# tips for less "chewy" rabbit?



## josafeen (Nov 4, 2010)

so the two rabbits that i have prepared recently were both 10 weeks ol (i didnt raise them, i bought them, andthey were dispatched and cleaned im front of me), came out rather chewy. (i pan fried them) i know i can slow cook and they will be a softer bite, but i so love grilling, and hope to master a tender herb grilled rabbit. maybe a par boil prior to grilling? or a marinated then grilled?
thanks for the input!
i have checked out the recipe tread- great resource


----------



## hotzcatz (Oct 16, 2007)

If they are anything like chickens, after they've been cleaned, let them cool down in really cold or iced water for several hours before refrigerating them. Also soak them overnight in the refrigerator in salted water before freezing or cooking them. This will make them more tender as well as cook up more moist.

At ten weeks old, they shouldn't have been that tough, I'd think. Mostly we do chickens around here for the pot, but rabbits shouldn't be that different.


----------



## MaggieJ (Feb 6, 2006)

Did you age the meat in the refrigerator for at least three days? You have to allow time for rigor mortis to completely leave the meat or it will be tough. I age mine from 3-5 days before freezing or cooking it.


----------



## jwal10 (Jun 5, 2010)

3 days to a week in the refrigerator, last one in marinade for 24 hrs, or milk. I use thinned homemade Italian dressing. Grill on low heat and brush on marinade every 15 minutes. Rabbit is very lean, the slower you cook it the more tender. I like to smoke it for 1/2 hour and then put in dutch oven for an hour, slow cooked in chanterell mushroom gravy. Very tender....James


----------



## josafeen (Nov 4, 2010)

thanks a bunch guys!!! will try aging this time


----------



## salmonslayer91 (Oct 10, 2010)

mmmmmmmmmm whens dinner!


----------



## Dead Rabbit (Oct 30, 2010)

i butcher them, soak in salt water for 3 days in fridge. change water the second day. then cut up and freeze. my wife will parboil them before cooking them..

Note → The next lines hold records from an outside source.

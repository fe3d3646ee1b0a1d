-- ===== src/Prelude/Search.antt =====
-- `strstr` and `memmem`: the first place at which a text holds another.
use Prim.Native.Nat.{ℕ, zero, suc, ◌+◌, ◌≤◌, ◌<◌}
use mathlib.Core.Path.{◌≡◌, refl, sym, ap, subst, ◌∙◌}
use mathlib.Core.Bool.{true, false}
use mathlib.Core.Logic.{inl, inr}
use mathlib.Core.List.{[], ◌∷◌, ◌++◌}
use mathlib.Core.Option
use mathlib.Core.Option.{Option, none, some}
use native.Mathlib.Omega.{arith}
use bialet.Prelude.Tests.{if◌then◌else◌, Bool-cases, Option-cases}
use bialet.Prelude.Lists.{length, take, drop, take-append-drop}
use bialet.Prelude.CString.{Bytes, starts_with, starts_with_sound}

-- The offset of the first match.
unfoldable pub find : Bytes → Bytes → Option ℕ
find needle [] = none
find needle (c ∷ s) = if starts_with needle (c ∷ s) then some 0 else Option.map suc (find needle s)

-- `k` is the first offset of `s` at which `needle` stands.
pub record IsFirst (needle s : Bytes) (k : ℕ) : Type 0 where
  pub here : starts_with needle (drop k s) ≡ true
  pub before : (j : ℕ) → j < k → starts_with needle (drop j s) ≡ false

abbrev pub Absent : Bytes → Bytes → Type 0
Absent needle s = (j : ℕ) → starts_with needle (drop j s) ≡ false

pub IsFirst-zero : (needle s : Bytes) → starts_with needle s ≡ true → IsFirst needle s 0
IsFirst-zero needle s e = record { here = e; before = λ j lt. elim lt [ ] }

before_suc :
    (needle : Bytes) (c : ℕ) (s : Bytes) (m : ℕ)
    → starts_with needle (c ∷ s) ≡ false
    → ((j : ℕ) → j < m → starts_with needle (drop j s) ≡ false)
    → (j : ℕ) → j < suc m
    → starts_with needle (drop j (c ∷ s)) ≡ false
before_suc needle c s m e b zero lt = e
before_suc needle c s m e b (suc j) lt = b j (omega arith)

pub IsFirst-suc :
    (needle : Bytes) (c : ℕ) (s : Bytes) (m : ℕ)
    → starts_with needle (c ∷ s) ≡ false
    → IsFirst needle s m
    → IsFirst needle (c ∷ s) (suc m)
IsFirst-suc needle c s m e f = record { here = f.here; before = before_suc needle c s m e f.before }

pub starts_with-nil : (x : ℕ) (p : Bytes) → starts_with (x ∷ p) [] ≡ false
unfolding starts_with
starts_with-nil x p = refl

drop-nil : (j : ℕ) → drop {A = ℕ} j [] ≡ []
drop-nil zero = refl
drop-nil (suc j) = refl

pub starts_with-length : (p s : Bytes) → starts_with p s ≡ true → length p ≤ length s
unfolding starts_with
starts_with-length [] s h = omega arith
starts_with-length (x ∷ p) [] h = cc
starts_with-length (x ∷ p) (y ∷ s) h = ground (arith, starts_with-length p s)

-- Bytes behind the window do not change the comparison.
pub starts_with_extend :
    (p s t : Bytes) → length p ≤ length s → starts_with p (s ++ t) ≡ starts_with p s
unfolding starts_with
starts_with_extend [] s t h = refl
starts_with_extend (x ∷ p) [] t h = absurd (omega arith)
starts_with_extend (x ∷ p) (y ∷ s) t h = rw (starts_with_extend p s t (omega arith))

module _ (x : ℕ) (p : Bytes) where
  pub find-none : (s : Bytes) → find (x ∷ p) s ≡ none → Absent (x ∷ p) s
  unfolding find
  find-none [] h j = rw (drop-nil j) (starts_with-nil x p)
  find-none (c ∷ s) h zero = ground arith
  find-none (c ∷ s) h (suc j) = find-none s (ground arith) j

  pub find-some : (s : Bytes) (k : ℕ) → find (x ∷ p) s ≡ some k → IsFirst (x ∷ p) s k
  unfolding find
  find-some [] k h = cc
  find-some (c ∷ s) k h = elim (Bool-cases (starts_with (x ∷ p) (c ∷ s))) [
    | inl e ↦
        let z : 0 ≡ k = ground arith in
        subst (IsFirst (x ∷ p) (c ∷ s)) z (IsFirst-zero (x ∷ p) (c ∷ s) e)
    | inr e ↦ elim (Option-cases (find (x ∷ p) s)) [
      | inl n ↦ absurd (ground arith)
      | inr (m, q) ↦
          let z : suc m ≡ k = ground arith in
          subst (IsFirst (x ∷ p) (c ∷ s)) z (IsFirst-suc (x ∷ p) c s m e (find-some s m q))
    ]
  ]

  pub find-length : (s : Bytes) (k : ℕ) → find (x ∷ p) s ≡ some k → k + length (x ∷ p) ≤ length s
  unfolding find
  find-length [] k h = cc
  find-length (c ∷ s) k h = elim (Option-cases (find (x ∷ p) s)) [
    | inl n ↦ ground (arith, starts_with-length (x ∷ p) (c ∷ s))
    | inr (m, q) ↦ ground (arith, starts_with-length (x ∷ p) (c ∷ s), find-length s m q)
  ]

  -- A match stays the first one when more bytes arrive.
  pub find-append : (s t : Bytes) (k : ℕ) → find (x ∷ p) s ≡ some k → find (x ∷ p) (s ++ t) ≡ some k
  unfolding find
  find-append [] t k h = cc
  find-append (c ∷ s) t k h =
      let fits = find-length (c ∷ s) k h in
      rw (starts_with_extend (x ∷ p) (c ∷ s) t (omega arith))
        (elim (Option-cases (find (x ∷ p) s)) [
          | inl n ↦ ground arith
          | inr (m, q) ↦ ground (arith, find-append s t m q)
        ])

-- The text before a match, and behind it.
pub IsFirst-splits :
    (needle s : Bytes) (k : ℕ)
    → IsFirst needle s k
    → (rest : Bytes) × (s ≡ take k s ++ (needle ++ rest))
IsFirst-splits needle s k f =
    let (rest, e) = starts_with_sound needle (drop k s) f.here in
    (rest, sym (take-append-drop k s) ∙ ap (◌++◌ (take k s)) e)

my favorite is good ol fried rabbit. better than chicken IMO.


----------



## SquashNut (Sep 25, 2005)

Every time I have aged more than 3 days the meat is mushy. We don't soak in water either and no salt. In a big bowl with a damp cloth over them is better.


----------



## a7736100 (Jun 4, 2009)

When fast cooking you really got to keep from overcooking. The second it gets overcooked it get tough.


----------



## victory (Mar 2, 2010)

This is great!! Love all these ideas!!
I always freeze my fryers right away..hmmm.
For cooking, I crock pot my rabbits, then add 
sauce, fry, bake, put it salad...etc....etc...
Crock pot is most best...


----------



## BackfourtyMI. (Sep 3, 2007)

I usually only age mine for 24 to 48 hours in the fridge in salt water & I don't think they are usually tough. I don't fry many of them although dh would eat them fryed everytime but I don't parboil them before frying either. Maybe I should be aging them longer just in case?
I use our rabbits anyway I would use chicken. Very rarely buy chicken at the store anymore.


----------



## josafeen (Nov 4, 2010)

wow, this is all such great feedback. I am so anxious to try aging. Since we just butchered a young goat and found him too chewy too, and a guy at church said "your meat will be much better if you age it a week", i'm really wanting to learn more about aging. I have a hunch i will be much happier with the tenderness. I know that slow cooking will work with tougher meat, but i so love grilling and want to be able to cook my meat to medium rare when i choose. 
I would like to figure the best way to seal the surface of the meat so that it wont dry out while hanging. There's so much to learn!
My friend and i were spying a walk in locker on craigslist, but will probably get by through the winter without. 
I was thinking, i wonder if rubbing the carcasses down with olive oil, rosemary and a touch of sea salt then hanging, would be good? 

When i served at a fine dining restaurant years ago, we aged our own new yorks, and the owner told us that a well aged steak is really breaking down (read, rotting), and the flavor and tenderness is superior.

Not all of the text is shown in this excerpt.